WT dancers offer striking 'Portrait' of their art in upcoming performances

Email share
Caleb Summers and Cole Medley rehearse for "Portraits of Dance."
Photo by Hilary Hulsey

By Chip Chandler — Digital Content Producer

Dancers at West Texas A&M University will explore what art means now in performances beginning Thursday.

Portraits of Dance will be staged at 7:30 p.m. Thursday through Saturday and 2:30 p.m. Sunday in the Happy State Bank Studio Theatre in the Sybil B. Harrington Fine Arts Complex. Tickets are $12 for adults and $8 for seniors and students. Call 806-651-2804.

Students worked with guest choreographers Matthew Lindstrom, Meg Paul Laura Harrell and Travis Prokop, as well as WT instructors Crystal Bertrand and Leslie Williams, to develop the program.

One highlight is a new collaboration with the WT Symphony Orchestra, which will play on stage as dancer Ashley Johnson performs in "One on One," a piece choreographed by Williams and Johnson.

"You get to see the natural movement of the musicians while they're standing," Williams said. "Eventually, we'll see if we can get this into a longer work."

Working with the guest choreographers has been a highlight for the students.

"It affords you the opportunity to work with someone other than faculty," senior dancer Mark Gold said. "A fresh perspective is nice when you are working as an artist. That new perspective can reinforce things that our faculty already stresses to us."
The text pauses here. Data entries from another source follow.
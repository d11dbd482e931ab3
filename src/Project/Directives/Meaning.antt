-- ===== src/Project/Directives/Meaning.antt =====
-- What execute of directive_executor.cpp does to the directives of nested blocks.
use server_engine_v.Common.{
  ℕ, suc, ◌+◌, ◌≤◌, ◌≡◌, refl, sym, ap, ◌∙◌, subst, arith, Bool, true, false, not, ◌&&◌, List, ◌∷◌,
  if◌then◌else◌, length, Bool-cases, inl, inr,
}
use server_engine_v.Text.{Text}
use server_engine_v.Project.Directives.{
  DirectiveKind, PreprocessingDirective, ConditionalFrame, DirectiveExecutor, active, top_active,
  directive_conditional_depth_limit,
}
use server_engine_v.Project.Directives.Execution.{push}
use server_engine_v.Project.Directives.Stack.{SameStack}
use server_engine_v.Project.Directives.Blocks.{
  Block, as_kind, flatten, height, IsOf, run_list, with_stack, eval,
}
use server_engine_v.Project.Directives.Evaluation.{eval_stack, eval-SameStack}
use server_engine_v.Project.Directives.Skipping.{
  IsAt, with_stack-IsAt, else_step, endif_step, run_step, skip_block,
}

-- The second result goes on from the first with the directives that follow, or fails with it.
unfoldable pub Carries :
    Text
    → List PreprocessingDirective
    → DirectiveExecutor × Bool
    → DirectiveExecutor × Bool
    → Type 0
Carries source after r r' =
    (r.1 ≡ true → r' ≡ run_list source after r.0)
    × (r.1 ≡ false → (r'.1 ≡ false) × (r'.0.strings ≡ r.0.strings) × (r'.0.bindings ≡ r.0.bindings))

pub then-Carries :
    (source : Text) (rest : Block) (after : List PreprocessingDirective)
    (one r' : DirectiveExecutor × Bool)
    → Carries source (flatten rest after) one r'
    → (one.1 ≡ true
        → Carries source after
            (eval source rest one.0)
            (run_list source (flatten rest after) one.0))
    → Carries source after (if one.1 then eval source rest one.0 else (one.0, false)) r'
unfolding Carries
then-Carries source rest after one r' h k = elim (Bool-cases one.1) [
  | inl good ↦
      rw good (subst (Carries source after (eval source rest one.0)) (sym (h.0 good)) (k good))
  | inr bad ↦ rw bad ((λ t. absurd (let z : false ≡ true = t in cc)), (λ t. h.1 bad))
]

pub SameStack-IsAt :
    {file floor : ℕ} (e e' : DirectiveExecutor)
    → IsAt file floor e
    → SameStack e e'
    → IsAt file floor e'
SameStack-IsAt {floor = floor} e e' at (c, f) = record {
  valid_file = at.valid_file;
  outer = at.outer;
  entered = f ∙ at.entered;
  low = subst (λ l. floor ≤ length l) (sym c) at.low;
}

pub SameStack-active :
    (e e' : DirectiveExecutor) → SameStack e e' → active e ≡ true → active e' ≡ true
unfolding active
SameStack-active e e' (c, f) on = ap top_active c ∙ on

module _ {file floor : ℕ} (e : DirectiveExecutor) (at : IsAt file floor e) (source : Text)
    (frame : ConditionalFrame) (of_frame : frame.frame_file ≡ file)
    (fresh : frame.else_seen ≡ false) (middle closing : PreprocessingDirective)
    (of_middle : middle.file ≡ file) (of_closing : closing.file ≡ file) (first second rest : Block)
    (of_first : IsOf file first) (of_second : IsOf file second)
    (after : List PreprocessingDirective)
    (low_first : suc (length e.conditionals) + height first ≤ directive_conditional_depth_limit)
    (low_second : suc (length e.conditionals) + height second
      ≤ directive_conditional_depth_limit) where
  abbrev tail : List PreprocessingDirective
  tail = as_kind DirectiveKind.endif closing ∷ flatten rest after

  abbrev body : List PreprocessingDirective
  body = as_kind DirectiveKind.else_branch middle ∷ flatten second tail

  abbrev other : ConditionalFrame
  other = record frame {
    else_seen = true;
    branch_active = frame.parent_active && not frame.condition;
  }

  -- The first part is executed and the second is passed over.
  pub first-Carries :
      frame.parent_active ≡ true
      → frame.condition ≡ true
      → Carries source body
          (eval source first (push e frame))
          (run_list source (flatten first body) (push e frame))
      → Carries source
          (flatten rest after)
          (eval source first e)
          (run_list source (flatten first body) (push e frame))
  unfolding Carries
  first-Carries parent holds_first ih =
      let left = eval source first e in
      let same = eval-SameStack source first e in
      let at' = SameStack-IsAt e left.0 at same in
      let ih' =
        subst (λ r. Carries source body r (run_list source (flatten first body) (push e frame)))
          (eval_stack source first e (frame ∷ e.conditionals)) ih in
      let deep : suc (length left.0.conditionals) + height second
          ≤ directive_conditional_depth_limit =
        subst (λ l. suc (length l) + height second ≤ directive_conditional_depth_limit) (sym same.0)
          low_second in
      let low = at'.low in
      (
        (λ t.
            ih'.0 t
            ∙ ap (λ c. run_list source body (with_stack left.0 (frame ∷ c))) (sym same.0)
            ∙ run_step source _ _ (push left.0 frame) (push left.0 other)
                (else_step left.0 at' source frame of_frame middle of_middle fresh)
            ∙ skip_block source second tail (push left.0 other)
                (with_stack-IsAt left.0 (other ∷ left.0.conditionals) at' (omega arith)) of_second
                deep (unfold active top_active in rw (parent, holds_first) refl)
            ∙ run_step source _ _ (push left.0 other) left.0
                (endif_step left.0 at' source other of_frame closing of_closing)),
        ih'.1,
      )

  -- The first part is passed over and the second is executed.
  pub second-Carries :
      frame.branch_active ≡ false
      → Carries source tail
          (eval source second (push e other))
          (run_list source (flatten second tail) (push e other))
      → Carries source
          (flatten rest after)
          (eval source second e)
          (run_list source (flatten first body) (push e frame))
  unfolding Carries
  second-Carries off ih =
      let right = eval source second e in
      let same = eval-SameStack source second e in
      let at' = SameStack-IsAt e right.0 at same in
      let low = at.low in
      let reached : run_list source (flatten first body) (push e frame)
          ≡ run_list source (flatten second tail) (push e other) =
        skip_block source first body (push e frame)
          (with_stack-IsAt e (frame ∷ e.conditionals) at (omega arith)) of_first low_first
          (unfold active top_active in off)
        ∙ run_step source _ _ (push e frame) (push e other)
            (else_step e at source frame of_frame middle of_middle fresh) in
      let ih' =
        subst (λ r. Carries source tail r (run_list source (flatten first body) (push e frame)))
          (eval_stack source second e (other ∷ e.conditionals))
          (subst (Carries source tail (eval source second (push e other))) (sym reached) ih) in
      (
        (λ t.
            ih'.0 t
            ∙ ap (λ c. run_list source tail (with_stack right.0 (other ∷ c))) (sym same.0)
            ∙ run_step source _ _ (push right.0 other) right.0
                (endif_step right.0 at' source other of_frame closing of_closing)),
        ih'.1,
      )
Lindstrom teaches at Interlochen Arts Academy. Harrell is an adjunct dance faculty member at Lone Star College, and Prokop, her choreography partner, teaches at Lamar University and is a member of NobleMotion Dance in Houston; he graduated from WT. Paul has been a principal dancer with the Joffrey Ballet and is currently ballet master for Complexions Contemporary Ballet.

"With this lineup, it really gave (the students) a nice mix of where we are in dance and the different artists they're going to be working with," Williams said. "It's all three different ways of approaching the same problem."

All three of the guests and Williams' own piece are "a direct reflection of what we're dealing with in the current political society right now," Williams said.

"Almost all of the pieces have an underlying political theme, but it's not really in your face," she continued. "It's the things we're dealing with and how are we, as artists, interpreting them?"

Harrell and Prokop, as the youngest choreographers, "really dug emotionally deep with the dancers, kind of tearing them apart to ... find the raw emotion that we need for the piece," Williams said.

"Matt is a little older ... and really collaborated with the dancers, really focused in on the collaborative aspect of the work," Williams continued. "And Meg is ... a taskmaster. ... She really asked them to get deep into the piece emotionally but with their own stories instead of dictating a story to them."

The concert also will feature lighting by guest designer Shawn Irish, a former WT professor now working at the University of Arkansas.